§ Extracted records:
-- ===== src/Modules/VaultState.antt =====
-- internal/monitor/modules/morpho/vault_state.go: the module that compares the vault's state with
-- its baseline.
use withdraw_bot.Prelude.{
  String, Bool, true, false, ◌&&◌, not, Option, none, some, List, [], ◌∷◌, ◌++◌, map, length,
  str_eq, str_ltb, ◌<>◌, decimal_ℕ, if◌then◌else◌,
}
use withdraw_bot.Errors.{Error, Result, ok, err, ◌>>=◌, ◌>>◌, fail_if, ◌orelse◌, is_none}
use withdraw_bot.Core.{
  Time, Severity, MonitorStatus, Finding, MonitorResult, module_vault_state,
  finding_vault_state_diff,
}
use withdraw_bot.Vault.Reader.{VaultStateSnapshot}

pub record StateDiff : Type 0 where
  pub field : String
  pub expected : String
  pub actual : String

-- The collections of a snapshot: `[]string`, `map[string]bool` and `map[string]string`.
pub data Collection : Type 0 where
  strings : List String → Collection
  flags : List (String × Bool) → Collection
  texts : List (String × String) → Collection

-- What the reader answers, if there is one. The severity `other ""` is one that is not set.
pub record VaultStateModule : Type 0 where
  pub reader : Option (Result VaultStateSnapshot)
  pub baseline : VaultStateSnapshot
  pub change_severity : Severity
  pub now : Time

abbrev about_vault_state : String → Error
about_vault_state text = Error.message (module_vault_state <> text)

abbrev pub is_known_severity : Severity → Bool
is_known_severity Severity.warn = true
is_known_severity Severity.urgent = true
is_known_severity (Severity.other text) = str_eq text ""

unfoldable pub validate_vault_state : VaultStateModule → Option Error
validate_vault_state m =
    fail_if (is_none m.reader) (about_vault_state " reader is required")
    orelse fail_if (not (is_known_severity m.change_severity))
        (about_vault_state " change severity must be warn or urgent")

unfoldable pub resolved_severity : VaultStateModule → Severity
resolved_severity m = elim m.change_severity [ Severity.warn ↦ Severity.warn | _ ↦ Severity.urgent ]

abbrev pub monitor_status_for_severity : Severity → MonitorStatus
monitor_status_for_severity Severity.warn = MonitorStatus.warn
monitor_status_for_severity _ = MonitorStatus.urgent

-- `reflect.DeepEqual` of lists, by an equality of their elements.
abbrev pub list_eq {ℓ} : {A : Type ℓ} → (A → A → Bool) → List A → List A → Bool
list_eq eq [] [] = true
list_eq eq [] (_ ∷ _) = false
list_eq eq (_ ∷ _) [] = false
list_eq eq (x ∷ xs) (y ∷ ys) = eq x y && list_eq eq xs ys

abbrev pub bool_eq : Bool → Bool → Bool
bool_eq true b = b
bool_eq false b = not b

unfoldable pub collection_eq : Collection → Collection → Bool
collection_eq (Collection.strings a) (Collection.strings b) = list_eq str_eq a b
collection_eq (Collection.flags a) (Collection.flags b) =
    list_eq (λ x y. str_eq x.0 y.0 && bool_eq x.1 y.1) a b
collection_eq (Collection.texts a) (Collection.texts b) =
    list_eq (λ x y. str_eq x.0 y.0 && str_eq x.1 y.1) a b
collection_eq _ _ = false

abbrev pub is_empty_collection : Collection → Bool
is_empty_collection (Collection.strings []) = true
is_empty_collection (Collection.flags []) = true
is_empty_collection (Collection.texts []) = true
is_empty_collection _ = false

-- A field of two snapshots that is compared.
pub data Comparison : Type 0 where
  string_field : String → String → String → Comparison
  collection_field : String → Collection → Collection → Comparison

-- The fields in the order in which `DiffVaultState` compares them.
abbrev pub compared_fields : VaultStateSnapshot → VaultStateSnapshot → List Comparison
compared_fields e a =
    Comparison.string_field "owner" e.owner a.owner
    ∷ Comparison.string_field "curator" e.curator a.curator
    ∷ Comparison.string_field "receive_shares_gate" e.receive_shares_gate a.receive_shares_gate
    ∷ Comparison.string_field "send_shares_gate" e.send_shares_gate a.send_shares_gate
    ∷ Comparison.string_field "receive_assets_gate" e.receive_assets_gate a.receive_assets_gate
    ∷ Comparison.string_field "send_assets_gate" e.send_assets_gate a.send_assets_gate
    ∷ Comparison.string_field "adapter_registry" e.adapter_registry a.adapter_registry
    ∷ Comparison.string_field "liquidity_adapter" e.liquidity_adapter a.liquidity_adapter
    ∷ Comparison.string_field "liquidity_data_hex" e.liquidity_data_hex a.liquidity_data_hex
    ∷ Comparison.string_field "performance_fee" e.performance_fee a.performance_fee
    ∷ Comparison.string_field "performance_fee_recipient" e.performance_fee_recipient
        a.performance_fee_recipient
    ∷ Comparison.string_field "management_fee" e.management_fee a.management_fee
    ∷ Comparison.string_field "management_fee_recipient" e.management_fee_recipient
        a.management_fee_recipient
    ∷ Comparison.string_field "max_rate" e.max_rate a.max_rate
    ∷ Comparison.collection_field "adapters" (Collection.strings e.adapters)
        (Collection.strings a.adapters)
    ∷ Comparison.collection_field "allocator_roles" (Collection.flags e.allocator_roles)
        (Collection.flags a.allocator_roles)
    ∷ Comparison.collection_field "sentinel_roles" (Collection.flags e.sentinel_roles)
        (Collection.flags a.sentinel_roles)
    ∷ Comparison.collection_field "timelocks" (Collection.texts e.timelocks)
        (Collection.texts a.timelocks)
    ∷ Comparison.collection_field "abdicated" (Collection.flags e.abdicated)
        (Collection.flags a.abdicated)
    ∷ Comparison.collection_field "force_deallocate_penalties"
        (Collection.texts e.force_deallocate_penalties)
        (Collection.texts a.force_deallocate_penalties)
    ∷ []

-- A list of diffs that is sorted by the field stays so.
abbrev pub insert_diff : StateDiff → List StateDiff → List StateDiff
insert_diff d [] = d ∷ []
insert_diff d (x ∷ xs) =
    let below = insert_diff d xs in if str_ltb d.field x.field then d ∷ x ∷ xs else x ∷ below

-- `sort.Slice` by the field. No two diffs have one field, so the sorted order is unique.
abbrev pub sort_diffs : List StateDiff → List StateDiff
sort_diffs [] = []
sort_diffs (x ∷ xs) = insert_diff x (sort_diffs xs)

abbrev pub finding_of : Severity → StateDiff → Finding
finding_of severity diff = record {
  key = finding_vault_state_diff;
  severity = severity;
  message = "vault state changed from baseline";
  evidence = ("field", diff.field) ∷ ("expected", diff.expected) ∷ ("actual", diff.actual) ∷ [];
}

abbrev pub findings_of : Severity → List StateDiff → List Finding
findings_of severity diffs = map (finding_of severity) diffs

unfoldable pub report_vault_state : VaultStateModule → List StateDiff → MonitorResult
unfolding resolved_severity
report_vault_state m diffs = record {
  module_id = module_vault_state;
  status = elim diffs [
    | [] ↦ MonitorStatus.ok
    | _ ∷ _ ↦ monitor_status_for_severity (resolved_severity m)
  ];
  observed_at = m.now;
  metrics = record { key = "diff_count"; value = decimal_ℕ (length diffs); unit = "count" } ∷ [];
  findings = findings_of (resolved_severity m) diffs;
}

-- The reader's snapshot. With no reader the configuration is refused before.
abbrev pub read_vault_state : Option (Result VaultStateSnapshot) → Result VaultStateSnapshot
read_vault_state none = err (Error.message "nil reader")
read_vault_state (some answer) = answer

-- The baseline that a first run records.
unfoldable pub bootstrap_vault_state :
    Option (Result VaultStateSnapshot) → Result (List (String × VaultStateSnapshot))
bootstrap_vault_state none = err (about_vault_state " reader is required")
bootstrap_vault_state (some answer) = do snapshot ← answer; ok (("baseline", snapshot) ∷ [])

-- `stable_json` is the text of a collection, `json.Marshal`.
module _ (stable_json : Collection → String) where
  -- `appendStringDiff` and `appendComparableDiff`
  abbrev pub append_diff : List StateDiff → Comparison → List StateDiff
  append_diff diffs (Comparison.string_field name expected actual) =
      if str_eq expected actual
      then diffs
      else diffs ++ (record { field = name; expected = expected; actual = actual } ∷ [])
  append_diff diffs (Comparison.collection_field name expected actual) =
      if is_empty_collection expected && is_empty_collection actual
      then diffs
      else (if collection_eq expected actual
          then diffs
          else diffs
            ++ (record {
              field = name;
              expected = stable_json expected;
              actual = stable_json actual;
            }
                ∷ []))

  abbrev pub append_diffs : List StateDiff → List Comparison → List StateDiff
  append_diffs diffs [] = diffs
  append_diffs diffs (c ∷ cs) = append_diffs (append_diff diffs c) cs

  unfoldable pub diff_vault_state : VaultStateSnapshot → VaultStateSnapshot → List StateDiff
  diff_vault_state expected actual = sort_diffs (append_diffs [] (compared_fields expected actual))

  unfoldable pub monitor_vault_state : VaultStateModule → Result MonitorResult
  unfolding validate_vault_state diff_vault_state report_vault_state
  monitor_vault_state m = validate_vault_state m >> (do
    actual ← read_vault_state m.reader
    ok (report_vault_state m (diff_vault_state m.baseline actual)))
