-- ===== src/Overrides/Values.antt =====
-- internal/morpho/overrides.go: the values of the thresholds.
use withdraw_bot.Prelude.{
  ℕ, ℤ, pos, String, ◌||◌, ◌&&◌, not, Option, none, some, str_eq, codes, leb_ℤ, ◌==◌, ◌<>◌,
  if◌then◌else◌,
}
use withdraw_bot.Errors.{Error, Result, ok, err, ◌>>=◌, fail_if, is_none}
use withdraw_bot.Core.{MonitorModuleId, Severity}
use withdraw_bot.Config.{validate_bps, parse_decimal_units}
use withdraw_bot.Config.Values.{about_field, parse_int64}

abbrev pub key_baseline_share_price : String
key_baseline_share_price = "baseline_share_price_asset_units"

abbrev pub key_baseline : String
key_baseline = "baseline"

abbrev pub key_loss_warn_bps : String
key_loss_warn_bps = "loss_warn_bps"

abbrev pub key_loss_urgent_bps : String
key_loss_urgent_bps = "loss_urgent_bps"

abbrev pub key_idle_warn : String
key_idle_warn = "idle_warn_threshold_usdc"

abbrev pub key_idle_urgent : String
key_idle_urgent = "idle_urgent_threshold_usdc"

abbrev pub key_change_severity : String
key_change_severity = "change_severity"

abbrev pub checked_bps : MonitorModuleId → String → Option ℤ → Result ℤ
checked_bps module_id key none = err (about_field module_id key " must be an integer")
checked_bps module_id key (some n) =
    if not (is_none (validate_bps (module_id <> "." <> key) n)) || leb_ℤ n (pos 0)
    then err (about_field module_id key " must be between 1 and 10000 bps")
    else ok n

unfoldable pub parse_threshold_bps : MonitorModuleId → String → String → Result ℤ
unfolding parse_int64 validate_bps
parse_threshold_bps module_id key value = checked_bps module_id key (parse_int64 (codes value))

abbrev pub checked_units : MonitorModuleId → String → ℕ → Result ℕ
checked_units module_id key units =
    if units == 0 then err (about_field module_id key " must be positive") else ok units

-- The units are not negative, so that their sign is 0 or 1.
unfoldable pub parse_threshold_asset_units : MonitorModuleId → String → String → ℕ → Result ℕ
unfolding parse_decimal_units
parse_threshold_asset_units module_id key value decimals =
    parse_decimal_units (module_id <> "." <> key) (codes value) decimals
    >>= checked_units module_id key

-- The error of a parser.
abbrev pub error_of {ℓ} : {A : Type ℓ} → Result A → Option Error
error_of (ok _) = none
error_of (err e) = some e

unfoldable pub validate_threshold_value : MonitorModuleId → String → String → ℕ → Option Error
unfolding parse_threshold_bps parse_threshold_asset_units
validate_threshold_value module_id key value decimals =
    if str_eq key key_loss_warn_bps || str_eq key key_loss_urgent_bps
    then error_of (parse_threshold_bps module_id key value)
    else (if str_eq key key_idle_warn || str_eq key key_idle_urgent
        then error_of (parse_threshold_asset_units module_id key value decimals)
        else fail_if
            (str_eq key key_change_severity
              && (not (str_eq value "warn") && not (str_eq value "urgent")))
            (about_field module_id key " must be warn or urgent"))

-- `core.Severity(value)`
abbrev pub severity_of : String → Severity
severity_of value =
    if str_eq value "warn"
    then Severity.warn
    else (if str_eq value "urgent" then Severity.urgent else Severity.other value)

---

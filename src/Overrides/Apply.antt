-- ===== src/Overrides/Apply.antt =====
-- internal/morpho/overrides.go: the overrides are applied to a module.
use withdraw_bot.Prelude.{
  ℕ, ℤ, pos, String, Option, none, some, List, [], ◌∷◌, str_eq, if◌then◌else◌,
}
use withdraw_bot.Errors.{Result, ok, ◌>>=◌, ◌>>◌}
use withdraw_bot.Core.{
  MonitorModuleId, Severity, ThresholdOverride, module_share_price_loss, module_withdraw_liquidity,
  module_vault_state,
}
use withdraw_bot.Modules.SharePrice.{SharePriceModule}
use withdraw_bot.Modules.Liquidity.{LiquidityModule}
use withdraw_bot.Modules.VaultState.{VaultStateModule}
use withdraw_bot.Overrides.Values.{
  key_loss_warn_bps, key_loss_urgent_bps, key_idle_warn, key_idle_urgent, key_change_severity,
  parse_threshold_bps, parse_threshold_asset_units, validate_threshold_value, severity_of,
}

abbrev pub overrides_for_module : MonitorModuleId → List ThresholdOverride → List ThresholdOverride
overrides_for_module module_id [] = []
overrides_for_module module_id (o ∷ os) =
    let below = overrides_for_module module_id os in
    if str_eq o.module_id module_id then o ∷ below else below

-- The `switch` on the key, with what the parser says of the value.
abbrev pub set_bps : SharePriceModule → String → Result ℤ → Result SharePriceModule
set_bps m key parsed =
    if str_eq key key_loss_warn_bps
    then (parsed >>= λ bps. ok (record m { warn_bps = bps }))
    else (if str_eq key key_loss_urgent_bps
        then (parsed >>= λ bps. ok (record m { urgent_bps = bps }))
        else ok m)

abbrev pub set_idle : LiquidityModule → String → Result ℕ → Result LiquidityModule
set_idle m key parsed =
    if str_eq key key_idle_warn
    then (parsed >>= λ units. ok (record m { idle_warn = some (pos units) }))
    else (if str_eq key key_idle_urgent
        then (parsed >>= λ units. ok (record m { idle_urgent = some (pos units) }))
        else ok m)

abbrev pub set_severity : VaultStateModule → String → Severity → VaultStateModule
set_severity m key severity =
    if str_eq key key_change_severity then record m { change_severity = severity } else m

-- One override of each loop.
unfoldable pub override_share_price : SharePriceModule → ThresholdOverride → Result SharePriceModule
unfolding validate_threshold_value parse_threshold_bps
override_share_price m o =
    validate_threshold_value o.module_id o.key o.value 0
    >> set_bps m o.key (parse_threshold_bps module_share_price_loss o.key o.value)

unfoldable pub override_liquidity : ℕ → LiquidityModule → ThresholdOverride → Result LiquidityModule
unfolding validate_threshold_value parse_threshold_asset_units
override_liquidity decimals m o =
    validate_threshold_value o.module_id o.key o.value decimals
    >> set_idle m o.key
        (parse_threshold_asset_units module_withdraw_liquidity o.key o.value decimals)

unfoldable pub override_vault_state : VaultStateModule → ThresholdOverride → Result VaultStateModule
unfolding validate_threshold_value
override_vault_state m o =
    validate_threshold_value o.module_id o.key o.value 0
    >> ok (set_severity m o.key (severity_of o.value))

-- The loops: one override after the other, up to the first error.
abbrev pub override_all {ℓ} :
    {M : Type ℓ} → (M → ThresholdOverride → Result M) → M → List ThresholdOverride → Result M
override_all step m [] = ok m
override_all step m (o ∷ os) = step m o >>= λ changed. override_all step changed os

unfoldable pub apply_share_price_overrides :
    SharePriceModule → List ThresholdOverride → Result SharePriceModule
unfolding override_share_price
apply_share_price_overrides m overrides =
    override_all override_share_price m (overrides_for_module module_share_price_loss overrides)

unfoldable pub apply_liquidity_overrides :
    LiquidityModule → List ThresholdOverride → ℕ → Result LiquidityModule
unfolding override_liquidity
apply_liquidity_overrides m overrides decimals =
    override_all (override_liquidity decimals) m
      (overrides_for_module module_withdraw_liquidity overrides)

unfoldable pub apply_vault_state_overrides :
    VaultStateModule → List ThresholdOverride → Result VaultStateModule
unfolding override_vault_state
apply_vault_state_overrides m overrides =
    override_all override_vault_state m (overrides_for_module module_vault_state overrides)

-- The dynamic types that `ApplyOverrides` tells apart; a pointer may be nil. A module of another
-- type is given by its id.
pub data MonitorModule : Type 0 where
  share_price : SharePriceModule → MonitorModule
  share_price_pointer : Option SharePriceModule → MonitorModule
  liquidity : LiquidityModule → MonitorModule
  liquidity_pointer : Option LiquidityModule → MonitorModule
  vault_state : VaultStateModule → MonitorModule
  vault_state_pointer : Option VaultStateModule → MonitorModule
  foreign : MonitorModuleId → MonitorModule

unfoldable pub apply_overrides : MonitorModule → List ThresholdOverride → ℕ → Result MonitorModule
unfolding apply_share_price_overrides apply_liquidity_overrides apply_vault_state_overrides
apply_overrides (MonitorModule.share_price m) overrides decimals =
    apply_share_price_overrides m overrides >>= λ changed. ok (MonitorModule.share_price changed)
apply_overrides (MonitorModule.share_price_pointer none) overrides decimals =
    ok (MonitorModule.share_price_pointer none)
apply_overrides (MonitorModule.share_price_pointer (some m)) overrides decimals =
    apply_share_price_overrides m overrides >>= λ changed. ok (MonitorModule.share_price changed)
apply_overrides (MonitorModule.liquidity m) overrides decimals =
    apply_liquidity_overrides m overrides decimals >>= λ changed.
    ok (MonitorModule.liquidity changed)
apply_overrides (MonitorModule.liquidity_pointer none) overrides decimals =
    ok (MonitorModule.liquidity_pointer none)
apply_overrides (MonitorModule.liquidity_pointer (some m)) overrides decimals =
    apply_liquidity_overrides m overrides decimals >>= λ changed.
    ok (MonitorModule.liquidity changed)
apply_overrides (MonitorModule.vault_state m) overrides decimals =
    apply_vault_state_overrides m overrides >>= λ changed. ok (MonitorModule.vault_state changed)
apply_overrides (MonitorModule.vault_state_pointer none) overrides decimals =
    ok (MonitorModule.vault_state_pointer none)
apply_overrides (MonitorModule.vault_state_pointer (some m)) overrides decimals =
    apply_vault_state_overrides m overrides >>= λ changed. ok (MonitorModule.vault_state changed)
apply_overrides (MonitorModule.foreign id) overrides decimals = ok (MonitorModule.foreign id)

§ What to work on: Starting at the line that has "-- ===== src/Modules/VaultState.antt" in the records above, restate word for word every line until the one that has "pub data Collection : Type 0 where", and include that one as well.

§ Exercise answer:
-- ===== src/Modules/VaultState.antt =====
-- internal/monitor/modules/morpho/vault_state.go: the module that compares the vault's state with
-- its baseline.
use withdraw_bot.Prelude.{
  String, Bool, true, false, ◌&&◌, not, Option, none, some, List, [], ◌∷◌, ◌++◌, map, length,
  str_eq, str_ltb, ◌<>◌, decimal_ℕ, if◌then◌else◌,
}
use withdraw_bot.Errors.{Error, Result, ok, err, ◌>>=◌, ◌>>◌, fail_if, ◌orelse◌, is_none}
use withdraw_bot.Core.{
  Time, Severity, MonitorStatus, Finding, MonitorResult, module_vault_state,
  finding_vault_state_diff,
}
use withdraw_bot.Vault.Reader.{VaultStateSnapshot}

pub record StateDiff : Type 0 where
  pub field : String
  pub expected : String
  pub actual : String

-- The collections of a snapshot: `[]string`, `map[string]bool` and `map[string]string`.
pub data Collection : Type 0 where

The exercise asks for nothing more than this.